──────── Data extracts

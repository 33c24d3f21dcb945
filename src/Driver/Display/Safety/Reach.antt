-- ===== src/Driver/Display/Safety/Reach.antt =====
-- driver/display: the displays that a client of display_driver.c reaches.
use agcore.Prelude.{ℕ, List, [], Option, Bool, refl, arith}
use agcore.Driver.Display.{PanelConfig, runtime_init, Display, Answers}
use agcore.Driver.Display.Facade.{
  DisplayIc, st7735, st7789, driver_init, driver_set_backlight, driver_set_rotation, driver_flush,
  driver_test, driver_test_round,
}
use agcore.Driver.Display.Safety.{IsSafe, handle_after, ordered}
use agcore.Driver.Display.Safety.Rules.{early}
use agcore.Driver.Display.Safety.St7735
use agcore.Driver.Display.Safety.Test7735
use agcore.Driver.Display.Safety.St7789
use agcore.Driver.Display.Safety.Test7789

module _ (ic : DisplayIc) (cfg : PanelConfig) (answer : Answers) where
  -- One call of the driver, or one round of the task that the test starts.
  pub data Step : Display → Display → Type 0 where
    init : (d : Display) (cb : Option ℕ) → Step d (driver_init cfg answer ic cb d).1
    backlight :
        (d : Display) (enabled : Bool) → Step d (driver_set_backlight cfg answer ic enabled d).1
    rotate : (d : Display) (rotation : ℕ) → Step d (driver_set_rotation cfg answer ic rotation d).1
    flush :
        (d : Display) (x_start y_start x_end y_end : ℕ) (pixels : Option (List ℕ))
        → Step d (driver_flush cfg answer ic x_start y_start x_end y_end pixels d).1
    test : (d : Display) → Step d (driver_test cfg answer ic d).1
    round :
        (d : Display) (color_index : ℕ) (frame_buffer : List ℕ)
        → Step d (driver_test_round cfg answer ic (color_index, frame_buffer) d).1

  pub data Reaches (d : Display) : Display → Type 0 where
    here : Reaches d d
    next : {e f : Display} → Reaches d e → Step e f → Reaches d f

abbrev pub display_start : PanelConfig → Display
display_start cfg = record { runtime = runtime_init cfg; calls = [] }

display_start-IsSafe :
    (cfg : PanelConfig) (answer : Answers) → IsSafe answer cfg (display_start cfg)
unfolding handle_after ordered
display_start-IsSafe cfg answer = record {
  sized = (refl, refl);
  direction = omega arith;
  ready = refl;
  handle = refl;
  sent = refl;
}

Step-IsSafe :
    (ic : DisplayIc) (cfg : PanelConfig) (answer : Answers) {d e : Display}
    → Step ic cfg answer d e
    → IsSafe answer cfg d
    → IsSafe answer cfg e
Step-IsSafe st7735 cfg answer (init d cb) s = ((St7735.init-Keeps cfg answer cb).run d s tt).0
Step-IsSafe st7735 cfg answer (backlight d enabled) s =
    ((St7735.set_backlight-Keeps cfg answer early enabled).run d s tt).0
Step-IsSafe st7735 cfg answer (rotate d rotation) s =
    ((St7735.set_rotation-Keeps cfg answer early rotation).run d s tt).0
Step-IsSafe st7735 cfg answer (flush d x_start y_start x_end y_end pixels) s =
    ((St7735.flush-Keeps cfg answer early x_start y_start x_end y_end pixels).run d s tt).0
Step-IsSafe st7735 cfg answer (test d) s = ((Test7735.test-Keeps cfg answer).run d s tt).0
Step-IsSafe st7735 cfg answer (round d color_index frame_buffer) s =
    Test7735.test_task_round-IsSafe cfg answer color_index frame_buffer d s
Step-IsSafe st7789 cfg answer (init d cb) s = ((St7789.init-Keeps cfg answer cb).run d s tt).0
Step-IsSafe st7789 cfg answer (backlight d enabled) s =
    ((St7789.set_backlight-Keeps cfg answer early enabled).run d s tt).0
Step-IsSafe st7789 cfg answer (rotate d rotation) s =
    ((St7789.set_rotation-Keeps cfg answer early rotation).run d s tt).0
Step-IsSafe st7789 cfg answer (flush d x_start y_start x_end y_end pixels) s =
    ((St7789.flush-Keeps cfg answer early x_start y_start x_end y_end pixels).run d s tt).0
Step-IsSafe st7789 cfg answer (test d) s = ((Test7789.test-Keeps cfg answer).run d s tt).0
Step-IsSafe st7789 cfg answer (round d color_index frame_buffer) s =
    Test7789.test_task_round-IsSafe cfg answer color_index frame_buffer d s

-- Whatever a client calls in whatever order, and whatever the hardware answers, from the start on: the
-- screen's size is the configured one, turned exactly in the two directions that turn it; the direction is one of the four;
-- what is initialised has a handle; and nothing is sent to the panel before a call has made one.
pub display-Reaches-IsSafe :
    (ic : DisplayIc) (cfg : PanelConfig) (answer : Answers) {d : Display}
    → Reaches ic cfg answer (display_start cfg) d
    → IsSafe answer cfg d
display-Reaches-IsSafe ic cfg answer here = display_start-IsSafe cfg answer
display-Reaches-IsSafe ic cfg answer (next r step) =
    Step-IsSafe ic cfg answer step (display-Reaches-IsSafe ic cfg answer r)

────────────────

Task description: Copy each line of the records that contains the word "arith".

Output of the task:
use agcore.Prelude.{ℕ, List, [], Option, Bool, refl, arith}
  direction = omega arith;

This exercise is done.